:: Source data ::
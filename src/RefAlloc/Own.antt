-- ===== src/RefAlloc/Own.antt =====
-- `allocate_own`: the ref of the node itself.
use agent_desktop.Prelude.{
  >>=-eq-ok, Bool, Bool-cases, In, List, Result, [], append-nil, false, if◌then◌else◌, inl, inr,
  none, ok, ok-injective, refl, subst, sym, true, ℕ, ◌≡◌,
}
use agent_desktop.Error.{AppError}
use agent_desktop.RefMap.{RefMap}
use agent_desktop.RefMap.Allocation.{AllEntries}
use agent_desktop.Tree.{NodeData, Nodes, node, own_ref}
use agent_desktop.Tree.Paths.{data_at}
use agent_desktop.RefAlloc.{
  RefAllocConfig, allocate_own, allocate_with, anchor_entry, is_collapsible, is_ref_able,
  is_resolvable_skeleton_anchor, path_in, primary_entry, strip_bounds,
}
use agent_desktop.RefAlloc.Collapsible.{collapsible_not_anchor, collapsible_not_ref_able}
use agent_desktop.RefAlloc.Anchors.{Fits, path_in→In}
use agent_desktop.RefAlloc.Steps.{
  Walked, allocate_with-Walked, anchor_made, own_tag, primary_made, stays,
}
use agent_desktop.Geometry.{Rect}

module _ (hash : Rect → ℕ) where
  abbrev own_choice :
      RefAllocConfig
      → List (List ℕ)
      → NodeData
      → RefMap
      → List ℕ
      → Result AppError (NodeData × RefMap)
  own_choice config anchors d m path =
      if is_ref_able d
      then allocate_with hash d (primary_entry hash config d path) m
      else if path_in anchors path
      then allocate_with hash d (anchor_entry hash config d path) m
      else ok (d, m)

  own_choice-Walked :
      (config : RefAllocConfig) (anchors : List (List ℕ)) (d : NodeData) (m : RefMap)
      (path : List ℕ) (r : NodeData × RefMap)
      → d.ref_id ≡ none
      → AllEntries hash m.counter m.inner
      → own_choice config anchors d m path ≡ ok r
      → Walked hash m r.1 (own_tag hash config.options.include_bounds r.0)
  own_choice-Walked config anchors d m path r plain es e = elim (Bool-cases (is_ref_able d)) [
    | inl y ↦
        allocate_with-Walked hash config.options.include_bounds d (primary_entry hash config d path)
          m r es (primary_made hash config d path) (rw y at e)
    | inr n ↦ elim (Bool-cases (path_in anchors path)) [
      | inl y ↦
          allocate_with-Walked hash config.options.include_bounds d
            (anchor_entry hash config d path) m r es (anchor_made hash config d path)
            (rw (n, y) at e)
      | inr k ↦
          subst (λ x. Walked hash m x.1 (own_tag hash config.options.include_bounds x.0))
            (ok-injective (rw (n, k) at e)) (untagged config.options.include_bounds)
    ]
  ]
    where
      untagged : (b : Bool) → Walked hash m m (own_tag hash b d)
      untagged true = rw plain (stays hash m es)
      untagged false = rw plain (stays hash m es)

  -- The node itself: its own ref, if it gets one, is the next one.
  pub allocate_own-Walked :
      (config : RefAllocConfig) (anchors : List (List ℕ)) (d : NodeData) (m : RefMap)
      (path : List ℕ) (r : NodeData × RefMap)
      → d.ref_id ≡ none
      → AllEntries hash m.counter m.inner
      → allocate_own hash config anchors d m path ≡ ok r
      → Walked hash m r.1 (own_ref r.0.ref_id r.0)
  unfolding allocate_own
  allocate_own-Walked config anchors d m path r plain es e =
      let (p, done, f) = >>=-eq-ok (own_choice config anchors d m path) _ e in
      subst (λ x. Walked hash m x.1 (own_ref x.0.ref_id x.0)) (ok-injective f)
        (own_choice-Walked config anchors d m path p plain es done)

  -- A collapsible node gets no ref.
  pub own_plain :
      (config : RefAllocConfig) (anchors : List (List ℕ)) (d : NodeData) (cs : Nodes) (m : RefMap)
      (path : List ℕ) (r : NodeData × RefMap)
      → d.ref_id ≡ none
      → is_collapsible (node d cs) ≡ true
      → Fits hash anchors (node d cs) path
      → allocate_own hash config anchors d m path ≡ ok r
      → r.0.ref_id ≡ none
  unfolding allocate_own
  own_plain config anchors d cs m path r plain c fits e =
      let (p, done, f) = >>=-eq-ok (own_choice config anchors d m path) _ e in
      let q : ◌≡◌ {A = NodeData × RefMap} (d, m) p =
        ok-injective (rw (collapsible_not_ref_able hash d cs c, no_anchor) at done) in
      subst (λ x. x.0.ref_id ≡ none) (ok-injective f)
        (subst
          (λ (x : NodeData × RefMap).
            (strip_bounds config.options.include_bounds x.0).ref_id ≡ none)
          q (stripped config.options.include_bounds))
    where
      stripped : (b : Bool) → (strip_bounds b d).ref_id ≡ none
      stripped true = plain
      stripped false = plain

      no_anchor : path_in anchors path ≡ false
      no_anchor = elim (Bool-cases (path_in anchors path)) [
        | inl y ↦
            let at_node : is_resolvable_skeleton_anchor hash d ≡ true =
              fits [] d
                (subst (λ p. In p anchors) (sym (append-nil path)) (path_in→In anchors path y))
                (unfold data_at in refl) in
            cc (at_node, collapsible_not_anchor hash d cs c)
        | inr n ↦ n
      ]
* * *
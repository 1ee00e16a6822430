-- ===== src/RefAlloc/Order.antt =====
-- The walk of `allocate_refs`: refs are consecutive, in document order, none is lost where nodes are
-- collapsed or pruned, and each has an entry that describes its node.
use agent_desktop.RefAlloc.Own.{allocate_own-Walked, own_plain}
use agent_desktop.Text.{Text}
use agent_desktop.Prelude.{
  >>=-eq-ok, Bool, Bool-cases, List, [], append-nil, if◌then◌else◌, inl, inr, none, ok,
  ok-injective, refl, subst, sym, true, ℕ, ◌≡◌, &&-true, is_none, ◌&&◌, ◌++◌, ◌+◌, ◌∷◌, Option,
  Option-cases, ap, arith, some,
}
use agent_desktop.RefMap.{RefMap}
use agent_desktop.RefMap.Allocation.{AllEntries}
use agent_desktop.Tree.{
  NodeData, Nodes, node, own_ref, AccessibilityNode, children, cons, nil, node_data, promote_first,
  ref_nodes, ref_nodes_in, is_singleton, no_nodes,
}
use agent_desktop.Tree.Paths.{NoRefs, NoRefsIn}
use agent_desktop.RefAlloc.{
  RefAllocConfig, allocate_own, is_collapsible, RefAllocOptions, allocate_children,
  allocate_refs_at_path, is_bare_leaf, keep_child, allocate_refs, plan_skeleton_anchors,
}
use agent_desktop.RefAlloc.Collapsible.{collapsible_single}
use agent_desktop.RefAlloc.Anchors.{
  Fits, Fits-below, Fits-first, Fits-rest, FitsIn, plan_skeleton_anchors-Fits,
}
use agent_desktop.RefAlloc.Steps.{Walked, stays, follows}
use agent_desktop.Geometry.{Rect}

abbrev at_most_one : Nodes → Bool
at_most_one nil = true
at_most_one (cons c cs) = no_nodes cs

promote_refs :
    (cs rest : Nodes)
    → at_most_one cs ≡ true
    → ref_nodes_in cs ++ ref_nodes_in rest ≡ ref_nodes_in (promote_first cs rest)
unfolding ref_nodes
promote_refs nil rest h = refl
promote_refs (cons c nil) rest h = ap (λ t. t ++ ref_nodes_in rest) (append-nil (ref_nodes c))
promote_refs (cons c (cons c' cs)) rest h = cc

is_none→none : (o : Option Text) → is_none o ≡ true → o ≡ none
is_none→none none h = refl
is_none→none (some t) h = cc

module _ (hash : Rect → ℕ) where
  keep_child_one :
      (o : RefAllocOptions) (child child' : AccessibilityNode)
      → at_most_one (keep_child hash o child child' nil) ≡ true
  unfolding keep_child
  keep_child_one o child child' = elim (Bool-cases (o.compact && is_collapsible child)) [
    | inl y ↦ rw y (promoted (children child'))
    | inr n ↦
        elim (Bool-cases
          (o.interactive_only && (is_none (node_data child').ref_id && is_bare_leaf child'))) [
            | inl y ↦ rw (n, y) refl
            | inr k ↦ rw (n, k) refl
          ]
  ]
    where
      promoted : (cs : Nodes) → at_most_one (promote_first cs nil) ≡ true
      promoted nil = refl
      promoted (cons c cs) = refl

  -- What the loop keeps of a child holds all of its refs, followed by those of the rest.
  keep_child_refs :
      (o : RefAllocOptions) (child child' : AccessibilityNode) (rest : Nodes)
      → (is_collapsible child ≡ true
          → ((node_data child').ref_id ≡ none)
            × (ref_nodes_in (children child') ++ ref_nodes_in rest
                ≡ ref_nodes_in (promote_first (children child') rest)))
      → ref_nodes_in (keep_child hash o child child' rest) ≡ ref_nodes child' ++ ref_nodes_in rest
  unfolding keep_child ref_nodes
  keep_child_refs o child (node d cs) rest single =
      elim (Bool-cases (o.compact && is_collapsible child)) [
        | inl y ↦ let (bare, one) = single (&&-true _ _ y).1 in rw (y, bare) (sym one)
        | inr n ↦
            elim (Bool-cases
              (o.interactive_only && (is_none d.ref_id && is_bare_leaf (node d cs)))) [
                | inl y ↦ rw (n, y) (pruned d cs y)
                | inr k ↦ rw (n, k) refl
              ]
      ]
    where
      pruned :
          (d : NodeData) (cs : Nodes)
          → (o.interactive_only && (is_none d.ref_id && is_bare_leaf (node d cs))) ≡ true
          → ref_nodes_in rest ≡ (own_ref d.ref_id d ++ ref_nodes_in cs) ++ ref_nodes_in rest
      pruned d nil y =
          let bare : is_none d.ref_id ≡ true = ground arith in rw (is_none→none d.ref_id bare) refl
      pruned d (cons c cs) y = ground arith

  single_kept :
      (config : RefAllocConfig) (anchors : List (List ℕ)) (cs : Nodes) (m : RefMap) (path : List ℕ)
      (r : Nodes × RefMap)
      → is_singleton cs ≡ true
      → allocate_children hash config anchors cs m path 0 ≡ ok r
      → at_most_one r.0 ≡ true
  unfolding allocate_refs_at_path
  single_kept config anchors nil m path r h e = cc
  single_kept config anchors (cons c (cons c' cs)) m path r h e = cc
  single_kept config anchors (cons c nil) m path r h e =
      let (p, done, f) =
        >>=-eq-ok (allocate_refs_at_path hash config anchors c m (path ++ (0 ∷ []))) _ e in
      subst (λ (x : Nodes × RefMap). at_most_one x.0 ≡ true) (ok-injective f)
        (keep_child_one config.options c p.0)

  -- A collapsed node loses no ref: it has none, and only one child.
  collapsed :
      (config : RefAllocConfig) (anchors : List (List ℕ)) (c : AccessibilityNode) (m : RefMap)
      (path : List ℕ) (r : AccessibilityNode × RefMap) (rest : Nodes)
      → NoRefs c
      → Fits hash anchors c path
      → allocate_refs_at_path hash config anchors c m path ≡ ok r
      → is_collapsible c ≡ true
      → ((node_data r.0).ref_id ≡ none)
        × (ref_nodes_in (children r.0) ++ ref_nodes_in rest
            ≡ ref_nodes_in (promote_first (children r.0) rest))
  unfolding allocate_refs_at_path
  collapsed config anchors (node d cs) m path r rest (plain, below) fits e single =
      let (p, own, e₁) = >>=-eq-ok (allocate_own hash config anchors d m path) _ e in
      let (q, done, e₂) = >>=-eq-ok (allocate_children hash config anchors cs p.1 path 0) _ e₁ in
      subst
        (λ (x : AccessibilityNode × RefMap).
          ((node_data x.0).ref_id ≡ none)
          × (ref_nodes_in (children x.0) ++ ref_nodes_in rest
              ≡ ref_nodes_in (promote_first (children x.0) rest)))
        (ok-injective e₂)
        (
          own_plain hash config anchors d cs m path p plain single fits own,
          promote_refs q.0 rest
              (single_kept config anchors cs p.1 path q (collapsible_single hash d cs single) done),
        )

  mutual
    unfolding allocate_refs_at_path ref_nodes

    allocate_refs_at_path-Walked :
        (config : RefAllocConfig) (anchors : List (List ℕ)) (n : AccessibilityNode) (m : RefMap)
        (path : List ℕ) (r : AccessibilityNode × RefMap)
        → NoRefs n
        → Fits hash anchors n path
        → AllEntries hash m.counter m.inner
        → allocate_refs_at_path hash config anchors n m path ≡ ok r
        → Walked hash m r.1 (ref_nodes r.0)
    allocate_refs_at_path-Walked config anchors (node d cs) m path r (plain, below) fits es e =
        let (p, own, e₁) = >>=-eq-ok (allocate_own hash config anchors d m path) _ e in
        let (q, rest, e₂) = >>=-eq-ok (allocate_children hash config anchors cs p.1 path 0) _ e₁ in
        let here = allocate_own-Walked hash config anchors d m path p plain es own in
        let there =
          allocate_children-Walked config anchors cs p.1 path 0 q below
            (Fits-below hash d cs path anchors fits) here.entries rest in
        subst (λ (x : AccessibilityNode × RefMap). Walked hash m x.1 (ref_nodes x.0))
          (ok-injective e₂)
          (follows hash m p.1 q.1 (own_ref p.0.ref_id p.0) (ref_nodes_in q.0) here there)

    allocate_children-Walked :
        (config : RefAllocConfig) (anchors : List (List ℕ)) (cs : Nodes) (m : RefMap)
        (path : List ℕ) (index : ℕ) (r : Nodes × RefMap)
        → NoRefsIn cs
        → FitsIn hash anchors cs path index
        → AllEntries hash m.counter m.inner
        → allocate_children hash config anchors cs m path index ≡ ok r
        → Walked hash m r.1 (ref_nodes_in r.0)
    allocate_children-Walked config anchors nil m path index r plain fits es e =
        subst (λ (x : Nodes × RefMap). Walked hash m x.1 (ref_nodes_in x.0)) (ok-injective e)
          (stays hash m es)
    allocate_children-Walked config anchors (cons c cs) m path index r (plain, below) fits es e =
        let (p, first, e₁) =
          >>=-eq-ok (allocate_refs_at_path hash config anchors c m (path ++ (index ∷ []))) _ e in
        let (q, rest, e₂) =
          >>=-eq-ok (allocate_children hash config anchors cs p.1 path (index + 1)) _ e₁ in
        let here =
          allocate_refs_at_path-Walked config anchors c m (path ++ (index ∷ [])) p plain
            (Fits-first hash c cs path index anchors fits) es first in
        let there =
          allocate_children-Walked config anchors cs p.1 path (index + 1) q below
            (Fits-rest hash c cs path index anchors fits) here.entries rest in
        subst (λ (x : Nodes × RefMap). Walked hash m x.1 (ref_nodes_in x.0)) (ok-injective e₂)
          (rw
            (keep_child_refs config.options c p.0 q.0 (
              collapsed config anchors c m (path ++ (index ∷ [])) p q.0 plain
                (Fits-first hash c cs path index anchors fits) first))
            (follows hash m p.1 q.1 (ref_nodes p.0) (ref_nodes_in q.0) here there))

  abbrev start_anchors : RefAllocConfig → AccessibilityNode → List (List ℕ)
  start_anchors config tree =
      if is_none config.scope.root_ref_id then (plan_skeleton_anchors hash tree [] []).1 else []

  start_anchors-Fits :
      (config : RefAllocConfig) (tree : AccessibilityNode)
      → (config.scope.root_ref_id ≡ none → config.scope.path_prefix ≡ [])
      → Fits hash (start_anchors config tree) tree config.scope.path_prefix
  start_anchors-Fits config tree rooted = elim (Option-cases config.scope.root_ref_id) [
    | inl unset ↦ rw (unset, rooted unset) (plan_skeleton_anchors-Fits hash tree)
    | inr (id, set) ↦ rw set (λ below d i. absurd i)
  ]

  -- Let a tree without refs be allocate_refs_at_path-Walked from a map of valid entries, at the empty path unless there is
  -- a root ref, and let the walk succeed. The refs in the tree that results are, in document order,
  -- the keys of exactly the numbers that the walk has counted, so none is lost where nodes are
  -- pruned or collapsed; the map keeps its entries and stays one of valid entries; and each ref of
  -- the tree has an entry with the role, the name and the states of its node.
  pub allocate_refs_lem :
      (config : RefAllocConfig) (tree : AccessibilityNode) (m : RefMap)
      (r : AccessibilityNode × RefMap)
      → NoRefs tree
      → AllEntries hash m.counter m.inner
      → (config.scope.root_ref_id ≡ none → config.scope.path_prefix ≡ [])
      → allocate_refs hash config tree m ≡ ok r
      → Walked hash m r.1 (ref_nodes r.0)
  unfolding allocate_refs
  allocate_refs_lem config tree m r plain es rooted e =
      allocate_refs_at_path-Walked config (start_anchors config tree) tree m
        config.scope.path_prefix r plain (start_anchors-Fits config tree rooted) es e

:: Directions ::
Your answer should consist only of the lines above between the line holding "anchors n path" and the line holding "index ≡ ok r", inclusive, each transcribed exactly.

:: Response for this exercise ::
        → Fits hash anchors n path
        → AllEntries hash m.counter m.inner
        → allocate_refs_at_path hash config anchors n m path ≡ ok r
        → Walked hash m r.1 (ref_nodes r.0)
    allocate_refs_at_path-Walked config anchors (node d cs) m path r (plain, below) fits es e =
        let (p, own, e₁) = >>=-eq-ok (allocate_own hash config anchors d m path) _ e in
        let (q, rest, e₂) = >>=-eq-ok (allocate_children hash config anchors cs p.1 path 0) _ e₁ in
        let here = allocate_own-Walked hash config anchors d m path p plain es own in
        let there =
          allocate_children-Walked config anchors cs p.1 path 0 q below
            (Fits-below hash d cs path anchors fits) here.entries rest in
        subst (λ (x : AccessibilityNode × RefMap). Walked hash m x.1 (ref_nodes x.0))
          (ok-injective e₂)
          (follows hash m p.1 q.1 (own_ref p.0.ref_id p.0) (ref_nodes_in q.0) here there)

    allocate_children-Walked :
        (config : RefAllocConfig) (anchors : List (List ℕ)) (cs : Nodes) (m : RefMap)
        (path : List ℕ) (index : ℕ) (r : Nodes × RefMap)
        → NoRefsIn cs
        → FitsIn hash anchors cs path index
        → AllEntries hash m.counter m.inner
        → allocate_children hash config anchors cs m path index ≡ ok r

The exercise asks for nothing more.